Das Wiener Riesenrad, errichtet anlässlich der Feierlichkeiten zum 50. Thronjubiläum von Franz Josef I., ist seit der Eröffnung 1897 das Wahrzeichen von Wien und auch Symbol des Wiener Praters. Im Gegensatz zu den Riesenrädern in London, Blackpool, Paris und Chicago überdauerte das Wiener Riesenrad Naturkatastrophen und kriegerische Auseinandersetzungen.

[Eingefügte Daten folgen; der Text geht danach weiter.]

-- ===== src/Paging/Isolation.antt =====
-- src/system/kernel/hal/paging/paging.c: no physical page is mapped twice in any state that the
-- routines reach; with the cleanup after a process.
use gunw_os.Prelude.Outcome.{
  ok, Ensures, ensures_ok, ensures_oops, ensures_fault, Ensures-if, Ensures-bind, ensures_result,
}
use gunw_os.Prelude.Int.{ℤ, index, eq_ℤ}
use gunw_os.Prelude.{
  ℕ, zero, suc, ◌+◌, ◌/◌, ◌≡◌, ◌≢◌, ap, sym, ◌∙◌, true, false, not, ◌&&◌, ◌||◌, Array, update, ltb,
  ◌==◌, if◌then◌else◌, if_holds, arith,
}
use gunw_os.Kernel.{kernel_proc_id, k_proc_id_is_user}
use gunw_os.Paging.{
  Paging, PhysicalPage, PageEntry, MemError, slot, table_slot, is_releasable, released_frame,
  release_entry, release_virtual_page, empty_entry,
}
use gunw_os.Paging.Assign.{k_paging_assign}
use gunw_os.Paging.Release.{
  k_paging_release, k_paging_switch, release_pages, release_tables, clear_process,
  k_paging_proc_cleanup,
}
use gunw_os.Paging.Invariant.{IsSingle, Maps, Isolated, IsIsolated, Maps-update}
use gunw_os.Paging.Preserve.{k_paging_assign-IsIsolated, k_paging_release-IsIsolated}

-- The entries without those of one process.
abbrev without : ℕ → Array PageEntry → Array PageEntry
without p pages = λ i. if i / 4096 == p then empty_entry else pages i

-- While the pages of a process are released the others keep apart.
abbrev IsLeaving : ℕ → Paging → Type 0
IsLeaving p m = IsSingle m.pages × Isolated m.physical_pages (without p m.pages)

read_without {κ} :
    (P : PageEntry → Type κ) (p : ℕ) (pages : Array PageEntry) (a : ℕ)
    → (a / 4096 ≡ p → P empty_entry)
    → (a / 4096 ≢ p → P (pages a))
    → P (without p pages a)
read_without P p pages a mine other =
    if_holds P (a / 4096 == p) _ _ (λ e. mine (ground arith)) (λ e. other (ground arith))

without-Isolated :
    (p : ℕ) (physical : Array PhysicalPage) (pages : Array PageEntry)
    → Isolated physical pages
    → Isolated physical (without p pages)
without-Isolated p physical pages v = record {
  mapped = λ a.
      read_without (λ x. x.present ≡ true → Maps physical x) p pages a (λ _ h. absurd (cc))
        (λ _ h. v.mapped a h);
  single = λ a b.
      read_without
        (λ x.
          x.present ≡ true
          → (without p pages b).present ≡ true
          → x.frame_address ≡ (without p pages b).frame_address
          → a ≡ b)
        p pages a (λ _ h. absurd (cc))
        (λ _.
          read_without
            (λ y.
              (pages a).present ≡ true
              → y.present ≡ true
              → (pages a).frame_address ≡ y.frame_address
              → a ≡ b)
            p pages b (λ _ h k. absurd (cc)) (λ _. v.single a b));
}

-- The physical page of a leaving entry may change.
leave :
    (p : ℕ) (m : Paging) (e : ℕ) (x : PhysicalPage)
    → e / 4096 ≡ p
    → (m.pages e).present ≡ true
    → IsLeaving p m
    → Isolated (update m.physical_pages (m.pages e).frame_address x) (without p m.pages)
leave p m e x mine here (single, v) = record {
  mapped = λ a. keep a (v.mapped a);
  single = v.single;
}
  where
    keep :
        (a : ℕ)
        → ((without p m.pages a).present ≡ true → Maps m.physical_pages (without p m.pages a))
        → (without p m.pages a).present ≡ true
        → Maps (update m.physical_pages (m.pages e).frame_address x) (without p m.pages a)
    keep a =
        read_without
          (λ y.
            (y.present ≡ true → Maps m.physical_pages y)
            → y.present ≡ true
            → Maps (update m.physical_pages (m.pages e).frame_address x) y)
          p m.pages a (λ _ _ h. absurd (cc))
          (λ other old h.
            Maps-update m.physical_pages (m.pages e).frame_address x (m.pages a)
              (λ same. other (ap (λ n. n / 4096) (sym (single e a here h same)) ∙ mine)) (old h))

release_entry-IsLeaving :
    (p : ℕ) (e : ℕ) (m : Paging)
    → e / 4096 ≡ p
    → (m.pages e).present ≡ true
    → IsLeaving p m
    → Ensures (IsLeaving p) (release_entry e false m)
unfolding release_entry
release_entry-IsLeaving p e m mine here k =
    let x = m.pages e in
    Ensures-if (x.frame_address == 0) (λ _. ensures_oops)
      λ _.
        Ensures-if (ltb 4096 x.frame_address) (λ _. ensures_oops)
          λ _.
            Ensures-if (x.frame_address == 4096) (λ _. ensures_fault)
              λ _.
                Ensures-if (not (is_releasable (m.physical_pages x.frame_address)))
                  (λ _. ensures_oops)
                  λ _. ensures_ok (
                    k.0,
                    leave p m e (released_frame (m.physical_pages x.frame_address)) mine here k,
                  )

release_pages-IsLeaving :
    (p : ℤ) (t page n : ℕ) (m : Paging)
    → IsLeaving (index p) m
    → Ensures (IsLeaving (index p)) (release_pages p t page n m)
unfolding release_pages release_virtual_page
release_pages-IsLeaving p t page zero m k = ensures_ok k
release_pages-IsLeaving p t page (suc n) m k =
    Ensures-bind {Q = IsLeaving (index p)}
      (Ensures-if (not (m.pages (slot (index p) t page)).present) (λ _. ensures_ok k)
        λ is_present.
          Ensures-if (not (k_proc_id_is_user p)) (λ _. ensures_oops)
            λ _.
              Ensures-if (ltb 4 t) (λ _. ensures_oops)
                λ small_table.
                  Ensures-if (ltb 1024 page) (λ _. ensures_oops)
                    λ small_page.
                      Ensures-if (t == 4 || page == 1024) (λ _. ensures_fault)
                        λ inside.
                          release_entry-IsLeaving (index p) (slot (index p) t page) m (ground arith)
                            (ground arith) k)
      λ m' k'. release_pages-IsLeaving p t (page + 1) n m' k'

release_tables-IsLeaving :
    (p : ℤ) (t n : ℕ) (m : Paging)
    → IsLeaving (index p) m
    → Ensures (IsLeaving (index p)) (release_tables p t n m)
unfolding release_tables
release_tables-IsLeaving p t zero m k = ensures_ok k
release_tables-IsLeaving p t (suc n) m k =
    Ensures-bind {Q = IsLeaving (index p)}
      (Ensures-if (not (m.used (table_slot (index p) t))) (λ _. ensures_ok k)
        λ _. release_pages-IsLeaving p t 0 1024 m k)
      λ m' k'. release_tables-IsLeaving p (t + 1) n m' k'

k_paging_proc_cleanup-IsIsolated :
    (p : ℤ) (m : Paging) → IsIsolated m → Ensures IsIsolated (k_paging_proc_cleanup p m)
unfolding k_paging_proc_cleanup clear_process
k_paging_proc_cleanup-IsIsolated p m v =
    Ensures-if (not (k_proc_id_is_user p)) (λ _. ensures_oops)
      λ _.
        Ensures-bind {Q = IsLeaving (index p)}
          (release_tables-IsLeaving p 0 4 m
            (v.single, without-Isolated (index p) m.physical_pages m.pages v))
          λ m' k. ensures_ok k.1

-- One call that returns.
pub data Step : Paging → Paging → Type 0 where
  assigns :
      {m : Paging} (p : ℤ) (page n : ℕ) {r : MemError × Paging}
      → k_paging_assign p page n m ≡ ok r
      → Step m r.1
  releases :
      {m : Paging} (p : ℤ) (page : ℕ) {r : MemError × Paging}
      → k_paging_release p page m ≡ ok r
      → Step m r.1
  switches : {m : Paging} (p : ℤ) {r : ℤ × Paging} → k_paging_switch p m ≡ ok r → Step m r.1
  cleans : {m m' : Paging} (p : ℤ) → k_paging_proc_cleanup p m ≡ ok m' → Step m m'

pub data Reachable (start : Paging) : Paging → Type 0 where
  initial : Reachable start start
  next : {m m' : Paging} → Reachable start m → Step m m' → Reachable start m'

k_paging_switch-IsIsolated :
    (p : ℤ) (m : Paging) → IsIsolated m → Ensures (λ r. IsIsolated r.1) (k_paging_switch p m)
unfolding k_paging_switch
k_paging_switch-IsIsolated p m v =
    Ensures-if (not (k_proc_id_is_user p) && not (eq_ℤ p kernel_proc_id)) (λ _. ensures_oops)
      λ _. ensures_ok v

Step-IsIsolated : {m m' : Paging} → Step m m' → IsIsolated m → IsIsolated m'
Step-IsIsolated (assigns p page n e) v = ensures_result (k_paging_assign-IsIsolated p page n _ v) e
Step-IsIsolated (releases p page e) v = ensures_result (k_paging_release-IsIsolated p page _ v) e
Step-IsIsolated (switches p e) v = ensures_result (k_paging_switch-IsIsolated p _ v) e
Step-IsIsolated (cleans p e) v = ensures_result (k_paging_proc_cleanup-IsIsolated p _ v) e

-- In every state that assignments, releases, switches and cleanups reach from one without a
-- present page entry, whatever they answer, each present page entry belongs to user code and maps
-- a physical page other than the null page that is installed, available, not reserved for the
-- kernel and counted once, and no two entries map the same physical page.
pub reachable-IsIsolated :
    (start : Paging) {m : Paging}
    → ((a : ℕ) → (start.pages a).present ≡ false)
    → Reachable start m
    → IsIsolated m
reachable-IsIsolated start z initial = record {
  mapped = λ a h. absurd (cc (z a));
  single = λ a b h. absurd (cc (z a));
}
reachable-IsIsolated start z (next r s) = Step-IsIsolated s (reachable-IsIsolated start z r)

Schon bald, nachdem die gesamte Betriebsanlage und alle Waggons im Jahr 1945 durch Feuer und Bomben zerstört worden waren, begann sich das Wiener Riesenrad wieder zu drehen - als Symbol für den Wiederaufbau der Stadt. Aus Gründen der Sicherheit und auch als Zeichen für die Rekonstruktion wurde die Anzahl der Waggons von 30 auf 15 reduziert.
Die Rundfahrt mit dem bekanntesten Riesenrad der Welt, einer Meisterleistung der Ingenieurskunst des 19. Jahrhunderts, nach den Plänen der englischen Ingenieure Walter B. Basset und Harry Hitchins, ist ein kulturelles und architektonisches Erlebnis für jeden Wienbesucher. Möglich sind ganz verschiedene Arten, die Fahrt zu gestalten - Im Stile des Jahres 1897, zu privaten Feiern oder bei einem romantischen Dinner zu zweit in einem der beiden Luxuswaggons, dem Jubiläumswaggon oder dem Kaiserwaggon.